1: True elastic limit
2: Proportionality limit
3: Elastic limit
4: Offset yield strength

During testing of a material sample, the stress–strain curve is a graphical representation of the relationship between stress, derived from measuring the load applied on the sample, and strain, derived from measuring the deformation of the sample, i.e. elongation, compression, or distortion. The nature of the curve varies from material to material. The following diagrams illustrate the stress–strain behaviour of typical materials in terms of the engineering stress and engineering strain where the stress and strain are calculated based on the original dimensions of the sample and not the instantaneous values.

Ductile materials

Fig 1. A stress–strain curve typical of structural steel
1. Ultimate Strength
2. Yield Strength
3. Rupture
4. Strain hardening region
5. Necking region.
A: Apparent stress (F/A0)
B: Actual stress (F/A)

Steel generally exhibits a very linear stress–strain relationship up to a well defined yield point (figure 1).

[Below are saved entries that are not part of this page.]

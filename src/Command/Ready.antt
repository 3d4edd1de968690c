-- ===== src/Command/Ready.antt =====
-- What a `doCreate` of src/runw.cpp that succeeds hands to the container's process.
use runw.Common.{
  ◌≡◌, refl, ◌∙◌, ap, sym, ◌++◌, Bool, true, false, ◌&&◌, Option, none, some, List, [], ◌∷◌, Text,
  codes, text_eq, text_eq_self, length, All, Bool-cases, arith, inl, inr,
}
use runw.FilePath.{join, has_filename}
use runw.Json.{Simdjson}
use runw.Bundle.{Bundle}
use runw.Disk.{Disk, Os, file, fifo, put}
use runw.Disk.WholeFile.{WholeAt, atomic_create-WholeAt}
use runw.State.{State, fresh, set_creating, set_systemd_cgroup}
use runw.State.Status.{StatusCode}
use runw.State.Load.{load_bundle, with_config}
use runw.State.Print.{print}
use runw.Command.{success, container_root, state_file, exec_fifo}
use runw.Command.Create.{
  Launch, Created, launch, with_fifo, after_state, loaded_bundle, first_state, do_create, run_child,
  run_daemon, parent_succeeds,
}
use runw.Command.Created.{some_value, exit_differs}

text_eq-append_left : (p s t : Text) → text_eq (p ++ s) (p ++ t) ≡ text_eq s t
unfolding text_eq
text_eq-append_left [] s t = refl
text_eq-append_left (c ∷ p) s t = ground (arith, text_eq-append_left p s t)

fifo_elsewhere : (root id : Text) → text_eq (exec_fifo root id) (state_file root id) ≡ false
unfolding join text_eq
fifo_elsewhere root id = elim (Bool-cases (has_filename (container_root root id))) [
  | inl h ↦
      rw (h, join)
        (text_eq-append_left (container_root root id) (codes "/exec.fifo") (codes "/state.json"))
  | inr h ↦
      rw (h, join)
        (text_eq-append_left (container_root root id) (codes "exec.fifo") (codes "state.json"))
]

true_differs : false ≡ true → ⊥
true_differs h = cc

-- A container's process is there only where no scope exit removes the directory.
run_child_keeps :
    (l : Launch) (console : Text)
    → (run_child l console).container ≡ true
    → (run_child l console).removes ≡ false
unfolding run_child run_daemon
run_child_keeps l console h = ground arith

launch_keeps :
    (os : Os) (l : Launch) (root console : Text) (d : Disk)
    → (launch os l root console d).exit ≡ success
    → (launch os l root console d).container ≡ true
    → (launch os l root console d).disk ≡ d
unfolding launch
launch_keeps os l root console d h there =
    let kept = run_child_keeps l console there in
    elim (Bool-cases (parent_succeeds l.pipe_read (run_child l console).reply)) [
      | inl ok ↦ rw (ok, launch) (rw kept refl)
      | inr failed ↦ absurd (exit_differs (sym (rw failed at h)))
    ]

with_fifo_keeps :
    (os : Os) (l : Launch) (root p console : Text) (d : Disk)
    → (with_fifo os l root p console d).exit ≡ success
    → (with_fifo os l root p console d).container ≡ true
    → (with_fifo os l root p console d).disk ≡ put d p (some fifo)
unfolding with_fifo
with_fifo_keeps os l root p console d h there = elim (Bool-cases l.makes_fifo) [
  | inr off ↦ absurd (true_differs (rw off at there))
  | inl made ↦ elim (Bool-cases (l.opens_fifo && (l.makes_pipe && l.forks_child))) [
    | inr off ↦ absurd (true_differs (rw (made, off) at there))
    | inl forks ↦
        rw (made, with_fifo)
          (rw forks (
            launch_keeps os l root console (put d p (some fifo)) (rw (made, forks) at h)
              (rw (made, forks) at there)))
  ]
]

-- The files that the container's process finds.
abbrev pub Ready : Text → Text → Text → Disk → Type 0
Ready root id path d =
    ((s : State) × (d.node (state_file root id) ≡ some (file (print s)))
      × (s.status ≡ StatusCode.creating)
      × (s.container_id ≡ id)
      × (s.bundle_path ≡ path))
    × (d.node (exec_fifo root id) ≡ some fifo)

-- The first state of a container with a configuration.
abbrev pub first_of : Bool → Text → Text → Bundle → State
first_of systemd id path b = first_state systemd (record (fresh id path) { config = b })

abbrev pub Holds : Text → Text → State → Disk → Type 0
Holds root id s d =
    (d.node (state_file root id) ≡ some (file (print s))) × (d.node (exec_fifo root id) ≡ some fifo)

module _ (os : Os) (whole : (d : Disk) (p text : Text) → os.stored d p text ≡ text) (l : Launch)
    (root id path console : Text) where
  after_state-Holds :
      (s : State) (d : Disk) (r : Option (Bool × Disk)) (c : Created)
      → WholeAt os (state_file root id) (print s) d r
      → after_state os
          (container_root root id)
          r
          (with_fifo os l (container_root root id) (exec_fifo root id) console)
        ≡ some c
      → c.exit ≡ success
      → c.container ≡ true
      → Holds root id s c.disk
  unfolding put
  after_state-Holds s d none c w e x there = absurd (let h : ⊥ = cc in h)
  after_state-Holds s d (some (false, d')) c w e x there =
      absurd (exit_differs (sym (ap (λ y. y.exit) (some_value _ c e) ∙ x)))
  after_state-Holds s d (some (true, d')) c (o, temp, w) e x there =
      let made = with_fifo os l (container_root root id) (exec_fifo root id) console d' in
      let same = some_value made c e in
      let disk : c.disk ≡ put d' (exec_fifo root id) (some fifo) =
        sym (ap (λ y. y.disk) same)
        ∙ with_fifo_keeps os l (container_root root id) (exec_fifo root id) console d'
            (ap (λ y. y.exit) same ∙ x) (ap (λ y. y.container) same ∙ there) in
      (
        rw (disk, fifo_elsewhere root id) (w ∙ ap (λ y. some (file y)) (whole o temp (print s))),
        rw (disk, text_eq_self (exec_fifo root id)) refl,
      )

  loaded_bundle-Holds :
      (suffixes : List Text) (systemd : Bool) (d : Disk) (r : Bundle × Bool) (c : Created)
      → All (λ s. length s ≡ 6) suffixes
      → loaded_bundle os l suffixes root id console systemd d (with_config (fresh id path) r)
        ≡ some c
      → c.exit ≡ success
      → c.container ≡ true
      → Holds root id (first_of systemd id path r.0) c.disk
  loaded_bundle-Holds suffixes systemd d (b, false) c six e x there =
      absurd (exit_differs (sym (ap (λ y. y.exit) (some_value _ c e) ∙ x)))
  loaded_bundle-Holds suffixes systemd d (b, true) c six e x there =
      let s = first_of systemd id path b in
      after_state-Holds s d _ c
        (atomic_create-WholeAt os suffixes (state_file root id) (print s) d six) e x there

-- The state of a `create` that has started the container's process is its first one.
pub do_create-Holds :
    (S : Simdjson) (os : Os)
    → ((d : Disk) (p text : Text) → os.stored d p text ≡ text)
    → (l : Launch) (suffixes : List Text) → All (λ s. length s ≡ 6) suffixes
    → (root : Text) (systemd : Bool) (config_name id path console : Text) (d d' : Disk)
      (c : Created)
    → l.makes_directories d (container_root root id) ≡ some d'
    → do_create S os l suffixes root systemd config_name id path console d ≡ some c
    → c.exit ≡ success
    → c.container ≡ true
    → (b : Bundle) × Holds root id (first_of systemd id path b) c.disk
unfolding do_create load_bundle
do_create-Holds S os whole l suffixes six root systemd config_name id path console d d' c made e x
      there =
    (
      _,
      loaded_bundle-Holds os whole l root id path console suffixes systemd d' _ c six (rw made at e)
          x there,
    )

-- Where texts reach files whole and suffixes have six letters, a `create` that succeeds and has started
-- the container's process has left the text of a creating state with the given id and bundle in the
-- state file, and has left the fifo.
pub do_create-Ready :
    (S : Simdjson) (os : Os)
    → ((d : Disk) (p text : Text) → os.stored d p text ≡ text)
    → (l : Launch) (suffixes : List Text) → All (λ s. length s ≡ 6) suffixes
    → (root : Text) (systemd : Bool) (config_name id path console : Text) (d d' : Disk)
      (c : Created)
    → l.makes_directories d (container_root root id) ≡ some d'
    → do_create S os l suffixes root systemd config_name id path console d ≡ some c
    → c.exit ≡ success
    → c.container ≡ true
    → Ready root id path c.disk
unfolding first_state set_creating set_systemd_cgroup
do_create-Ready S os whole l suffixes six root systemd config_name id path console d d' c made e x
      there =
    let (b, (node, fifo_there)) =
      do_create-Holds S os whole l suffixes six root systemd config_name id path console d d' c made
        e x there in
    ((first_of systemd id path b, node, refl, refl, refl), fifo_there)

The linear portion of the curve is the elastic region and the slope is the modulus of elasticity or Young's Modulus. After the yield point, the curve typically decreases slightly because of dislocations escaping from Cottrell atmospheres. As deformation continues, the stress increases on account of strain hardening until it reaches the ultimate strength. Until this point, the cross-sectional area decreases uniformly because of Poisson contractions. The actual rupture point is in the same vertical line as the visual rupture point.

However, beyond this point a neck forms where the local cross-sectional area decreases more quickly than the rest of the sample resulting in an increase in the true stress. On an engineering stress–strain curve this is seen as a decrease in the stress. Conversely, if the curve is plotted in terms of true stress and true strain the stress will continue to rise until failure. Eventually the neck becomes unstable and the specimen ruptures (fractures).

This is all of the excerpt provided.